Work order » Give the entries again in full. Nothing may be altered.

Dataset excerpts
[Start of Attachment]
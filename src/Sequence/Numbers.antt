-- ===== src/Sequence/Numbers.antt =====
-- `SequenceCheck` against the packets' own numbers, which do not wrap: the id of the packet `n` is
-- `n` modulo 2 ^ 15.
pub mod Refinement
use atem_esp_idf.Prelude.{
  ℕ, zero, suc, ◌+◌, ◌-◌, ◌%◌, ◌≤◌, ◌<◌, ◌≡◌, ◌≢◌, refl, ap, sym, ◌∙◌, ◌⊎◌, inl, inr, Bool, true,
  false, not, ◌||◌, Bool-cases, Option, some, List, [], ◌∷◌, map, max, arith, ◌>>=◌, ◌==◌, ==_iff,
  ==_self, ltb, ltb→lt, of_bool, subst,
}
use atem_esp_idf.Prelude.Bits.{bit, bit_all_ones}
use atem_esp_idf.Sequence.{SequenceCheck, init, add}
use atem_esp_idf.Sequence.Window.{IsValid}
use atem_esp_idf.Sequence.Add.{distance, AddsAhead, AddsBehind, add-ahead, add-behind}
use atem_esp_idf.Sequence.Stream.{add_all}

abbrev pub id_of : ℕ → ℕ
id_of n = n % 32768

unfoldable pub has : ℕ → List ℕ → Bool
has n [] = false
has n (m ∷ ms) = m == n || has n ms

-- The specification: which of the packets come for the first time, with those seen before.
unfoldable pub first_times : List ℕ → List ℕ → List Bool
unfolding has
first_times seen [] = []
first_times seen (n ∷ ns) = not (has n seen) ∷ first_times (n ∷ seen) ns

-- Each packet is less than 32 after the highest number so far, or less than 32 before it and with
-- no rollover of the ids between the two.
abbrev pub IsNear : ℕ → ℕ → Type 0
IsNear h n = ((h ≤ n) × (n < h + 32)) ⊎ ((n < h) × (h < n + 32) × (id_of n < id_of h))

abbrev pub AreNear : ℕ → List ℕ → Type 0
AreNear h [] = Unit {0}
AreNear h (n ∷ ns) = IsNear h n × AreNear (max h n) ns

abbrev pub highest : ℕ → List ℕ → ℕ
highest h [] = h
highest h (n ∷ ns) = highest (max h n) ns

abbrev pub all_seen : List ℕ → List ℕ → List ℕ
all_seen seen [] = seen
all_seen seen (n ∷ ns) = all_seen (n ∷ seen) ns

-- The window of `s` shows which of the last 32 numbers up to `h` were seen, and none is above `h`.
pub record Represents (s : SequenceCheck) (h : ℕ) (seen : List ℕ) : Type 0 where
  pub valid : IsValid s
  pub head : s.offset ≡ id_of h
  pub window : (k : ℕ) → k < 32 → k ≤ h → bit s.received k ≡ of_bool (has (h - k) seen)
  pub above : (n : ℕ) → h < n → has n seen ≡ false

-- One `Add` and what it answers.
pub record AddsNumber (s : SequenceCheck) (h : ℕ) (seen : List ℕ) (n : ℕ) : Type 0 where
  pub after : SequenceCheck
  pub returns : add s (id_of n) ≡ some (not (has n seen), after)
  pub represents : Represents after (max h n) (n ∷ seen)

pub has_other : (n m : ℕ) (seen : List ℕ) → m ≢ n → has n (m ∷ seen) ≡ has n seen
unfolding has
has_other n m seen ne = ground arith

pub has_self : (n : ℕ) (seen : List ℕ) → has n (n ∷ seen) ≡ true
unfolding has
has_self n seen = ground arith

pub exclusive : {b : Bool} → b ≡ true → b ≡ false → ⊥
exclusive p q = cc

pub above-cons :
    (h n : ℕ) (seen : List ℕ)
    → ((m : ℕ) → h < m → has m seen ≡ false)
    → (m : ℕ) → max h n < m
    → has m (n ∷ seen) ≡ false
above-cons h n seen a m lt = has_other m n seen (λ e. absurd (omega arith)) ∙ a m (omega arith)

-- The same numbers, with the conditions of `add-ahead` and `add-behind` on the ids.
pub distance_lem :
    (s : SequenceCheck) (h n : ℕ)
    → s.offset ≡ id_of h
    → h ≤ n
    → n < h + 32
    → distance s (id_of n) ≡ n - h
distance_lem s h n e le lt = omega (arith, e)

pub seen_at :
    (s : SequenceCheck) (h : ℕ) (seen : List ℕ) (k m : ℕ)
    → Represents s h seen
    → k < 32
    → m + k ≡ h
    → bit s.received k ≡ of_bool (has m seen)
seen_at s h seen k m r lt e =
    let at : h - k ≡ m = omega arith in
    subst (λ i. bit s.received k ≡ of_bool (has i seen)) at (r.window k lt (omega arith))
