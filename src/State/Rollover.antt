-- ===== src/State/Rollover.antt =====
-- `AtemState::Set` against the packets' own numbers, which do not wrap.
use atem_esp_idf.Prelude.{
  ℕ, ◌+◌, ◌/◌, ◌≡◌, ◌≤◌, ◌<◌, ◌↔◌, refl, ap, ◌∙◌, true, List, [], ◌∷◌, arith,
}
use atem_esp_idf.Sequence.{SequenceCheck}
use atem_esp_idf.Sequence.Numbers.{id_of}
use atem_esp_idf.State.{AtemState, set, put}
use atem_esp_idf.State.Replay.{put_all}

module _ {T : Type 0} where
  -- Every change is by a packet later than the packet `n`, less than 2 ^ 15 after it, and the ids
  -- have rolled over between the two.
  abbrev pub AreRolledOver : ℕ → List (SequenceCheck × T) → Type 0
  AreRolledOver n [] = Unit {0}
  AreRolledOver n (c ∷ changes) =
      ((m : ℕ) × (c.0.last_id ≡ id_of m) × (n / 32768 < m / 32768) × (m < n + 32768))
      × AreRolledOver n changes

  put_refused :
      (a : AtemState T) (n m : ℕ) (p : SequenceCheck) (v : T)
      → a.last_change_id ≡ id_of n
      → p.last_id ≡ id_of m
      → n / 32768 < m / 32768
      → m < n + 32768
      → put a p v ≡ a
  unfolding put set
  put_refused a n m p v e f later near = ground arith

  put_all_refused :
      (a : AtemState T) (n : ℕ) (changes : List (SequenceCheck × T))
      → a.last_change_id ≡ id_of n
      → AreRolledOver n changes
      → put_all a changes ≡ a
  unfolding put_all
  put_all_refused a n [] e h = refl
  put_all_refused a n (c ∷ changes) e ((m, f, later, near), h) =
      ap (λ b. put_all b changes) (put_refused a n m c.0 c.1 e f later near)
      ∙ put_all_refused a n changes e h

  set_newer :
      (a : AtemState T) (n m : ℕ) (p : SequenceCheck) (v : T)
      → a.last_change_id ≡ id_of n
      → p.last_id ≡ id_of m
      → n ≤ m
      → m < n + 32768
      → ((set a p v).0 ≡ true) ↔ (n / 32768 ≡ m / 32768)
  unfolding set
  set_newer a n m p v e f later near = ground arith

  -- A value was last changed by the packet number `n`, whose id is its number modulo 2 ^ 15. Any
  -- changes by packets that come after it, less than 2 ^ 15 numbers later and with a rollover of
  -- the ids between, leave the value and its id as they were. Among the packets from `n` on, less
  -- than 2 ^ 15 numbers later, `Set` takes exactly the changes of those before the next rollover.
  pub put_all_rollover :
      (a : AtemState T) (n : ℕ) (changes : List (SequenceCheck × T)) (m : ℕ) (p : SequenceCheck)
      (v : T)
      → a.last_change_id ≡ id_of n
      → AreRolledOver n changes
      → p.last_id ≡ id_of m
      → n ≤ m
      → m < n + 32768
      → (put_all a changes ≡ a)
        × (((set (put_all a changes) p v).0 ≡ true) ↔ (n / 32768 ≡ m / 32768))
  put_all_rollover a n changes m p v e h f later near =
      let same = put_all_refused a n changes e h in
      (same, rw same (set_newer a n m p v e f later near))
[End of Attachment]
Finished exercise »
filename src/Sequence/Numbers.antt
-- ===== src/Sequence/Numbers.antt =====
-- `SequenceCheck` against the packets' own numbers, which do not wrap: the id of the packet `n` is
-- `n` modulo 2 ^ 15.
pub mod Refinement
use atem_esp_idf.Prelude.{
  ℕ, zero, suc, ◌+◌, ◌-◌, ◌%◌, ◌≤◌, ◌<◌, ◌≡◌, ◌≢◌, refl, ap, sym, ◌∙◌, ◌⊎◌, inl, inr, Bool, true,
  false, not, ◌||◌, Bool-cases, Option, some, List, [], ◌∷◌, map, max, arith, ◌>>=◌, ◌==◌, ==_iff,
  ==_self, ltb, ltb→lt, of_bool, subst,
}
use atem_esp_idf.Prelude.Bits.{bit, bit_all_ones}
use atem_esp_idf.Sequence.{SequenceCheck, init, add}
use atem_esp_idf.Sequence.Window.{IsValid}
use atem_esp_idf.Sequence.Add.{distance, AddsAhead, AddsBehind, add-ahead, add-behind}
use atem_esp_idf.Sequence.Stream.{add_all}

abbrev pub id_of : ℕ → ℕ
id_of n = n % 32768

unfoldable pub has : ℕ → List ℕ → Bool
has n [] = false
has n (m ∷ ms) = m == n || has n ms

-- The specification: which of the packets come for the first time, with those seen before.
unfoldable pub first_times : List ℕ → List ℕ → List Bool
unfolding has
first_times seen [] = []
first_times seen (n ∷ ns) = not (has n seen) ∷ first_times (n ∷ seen) ns

-- Each packet is less than 32 after the highest number so far, or less than 32 before it and with
-- no rollover of the ids between the two.
abbrev pub IsNear : ℕ → ℕ → Type 0
IsNear h n = ((h ≤ n) × (n < h + 32)) ⊎ ((n < h) × (h < n + 32) × (id_of n < id_of h))

abbrev pub AreNear : ℕ → List ℕ → Type 0
AreNear h [] = Unit {0}
AreNear h (n ∷ ns) = IsNear h n × AreNear (max h n) ns

abbrev pub highest : ℕ → List ℕ → ℕ
highest h [] = h
highest h (n ∷ ns) = highest (max h n) ns

abbrev pub all_seen : List ℕ → List ℕ → List ℕ
all_seen seen [] = seen
all_seen seen (n ∷ ns) = all_seen (n ∷ seen) ns

-- The window of `s` shows which of the last 32 numbers up to `h` were seen, and none is above `h`.
pub record Represents (s : SequenceCheck) (h : ℕ) (seen : List ℕ) : Type 0 where
  pub valid : IsValid s
  pub head : s.offset ≡ id_of h
  pub window : (k : ℕ) → k < 32 → k ≤ h → bit s.received k ≡ of_bool (has (h - k) seen)
  pub above : (n : ℕ) → h < n → has n seen ≡ false

-- One `Add` and what it answers.
pub record AddsNumber (s : SequenceCheck) (h : ℕ) (seen : List ℕ) (n : ℕ) : Type 0 where
  pub after : SequenceCheck
  pub returns : add s (id_of n) ≡ some (not (has n seen), after)
  pub represents : Represents after (max h n) (n ∷ seen)

pub has_other : (n m : ℕ) (seen : List ℕ) → m ≢ n → has n (m ∷ seen) ≡ has n seen
unfolding has
has_other n m seen ne = ground arith

pub has_self : (n : ℕ) (seen : List ℕ) → has n (n ∷ seen) ≡ true
unfolding has
has_self n seen = ground arith

pub exclusive : {b : Bool} → b ≡ true → b ≡ false → ⊥
exclusive p q = cc

pub above-cons :
    (h n : ℕ) (seen : List ℕ)
    → ((m : ℕ) → h < m → has m seen ≡ false)
    → (m : ℕ) → max h n < m
    → has m (n ∷ seen) ≡ false
above-cons h n seen a m lt = has_other m n seen (λ e. absurd (omega arith)) ∙ a m (omega arith)

-- The same numbers, with the conditions of `add-ahead` and `add-behind` on the ids.
pub distance_lem :
    (s : SequenceCheck) (h n : ℕ)
    → s.offset ≡ id_of h
    → h ≤ n
    → n < h + 32
    → distance s (id_of n) ≡ n - h
distance_lem s h n e le lt = omega (arith, e)

pub seen_at :
    (s : SequenceCheck) (h : ℕ) (seen : List ℕ) (k m : ℕ)
    → Represents s h seen
    → k < 32
    → m + k ≡ h
    → bit s.received k ≡ of_bool (has m seen)
seen_at s h seen k m r lt e =
    let at : h - k ≡ m = omega arith in
    subst (λ i. bit s.received k ≡ of_bool (has i seen)) at (r.window k lt (omega arith))
filename src/State/Rollover.antt
-- ===== src/State/Rollover.antt =====
-- `AtemState::Set` against the packets' own numbers, which do not wrap.
use atem_esp_idf.Prelude.{
  ℕ, ◌+◌, ◌/◌, ◌≡◌, ◌≤◌, ◌<◌, ◌↔◌, refl, ap, ◌∙◌, true, List, [], ◌∷◌, arith,
}
use atem_esp_idf.Sequence.{SequenceCheck}
use atem_esp_idf.Sequence.Numbers.{id_of}
use atem_esp_idf.State.{AtemState, set, put}
use atem_esp_idf.State.Replay.{put_all}

module _ {T : Type 0} where
  -- Every change is by a packet later than the packet `n`, less than 2 ^ 15 after it, and the ids
  -- have rolled over between the two.
  abbrev pub AreRolledOver : ℕ → List (SequenceCheck × T) → Type 0
  AreRolledOver n [] = Unit {0}
  AreRolledOver n (c ∷ changes) =
      ((m : ℕ) × (c.0.last_id ≡ id_of m) × (n / 32768 < m / 32768) × (m < n + 32768))
      × AreRolledOver n changes

  put_refused :
      (a : AtemState T) (n m : ℕ) (p : SequenceCheck) (v : T)
      → a.last_change_id ≡ id_of n
      → p.last_id ≡ id_of m
      → n / 32768 < m / 32768
      → m < n + 32768
      → put a p v ≡ a
  unfolding put set
  put_refused a n m p v e f later near = ground arith

  put_all_refused :
      (a : AtemState T) (n : ℕ) (changes : List (SequenceCheck × T))
      → a.last_change_id ≡ id_of n
      → AreRolledOver n changes
      → put_all a changes ≡ a
  unfolding put_all
  put_all_refused a n [] e h = refl
  put_all_refused a n (c ∷ changes) e ((m, f, later, near), h) =
      ap (λ b. put_all b changes) (put_refused a n m c.0 c.1 e f later near)
      ∙ put_all_refused a n changes e h

  set_newer :
      (a : AtemState T) (n m : ℕ) (p : SequenceCheck) (v : T)
      → a.last_change_id ≡ id_of n
      → p.last_id ≡ id_of m
      → n ≤ m
      → m < n + 32768
      → ((set a p v).0 ≡ true) ↔ (n / 32768 ≡ m / 32768)
  unfolding set
  set_newer a n m p v e f later near = ground arith

  -- A value was last changed by the packet number `n`, whose id is its number modulo 2 ^ 15. Any
  -- changes by packets that come after it, less than 2 ^ 15 numbers later and with a rollover of
  -- the ids between, leave the value and its id as they were. Among the packets from `n` on, less
  -- than 2 ^ 15 numbers later, `Set` takes exactly the changes of those before the next rollover.
  pub put_all_rollover :
      (a : AtemState T) (n : ℕ) (changes : List (SequenceCheck × T)) (m : ℕ) (p : SequenceCheck)
      (v : T)
      → a.last_change_id ≡ id_of n
      → AreRolledOver n changes
      → p.last_id ≡ id_of m
      → n ≤ m
      → m < n + 32768
      → (put_all a changes ≡ a)
        × (((set (put_all a changes) p v).0 ≡ true) ↔ (n / 32768 ≡ m / 32768))
  put_all_rollover a n changes m p v e h f later near =
      let same = put_all_refused a n changes e h in
      (same, rw same (set_newer a n m p v e f later near))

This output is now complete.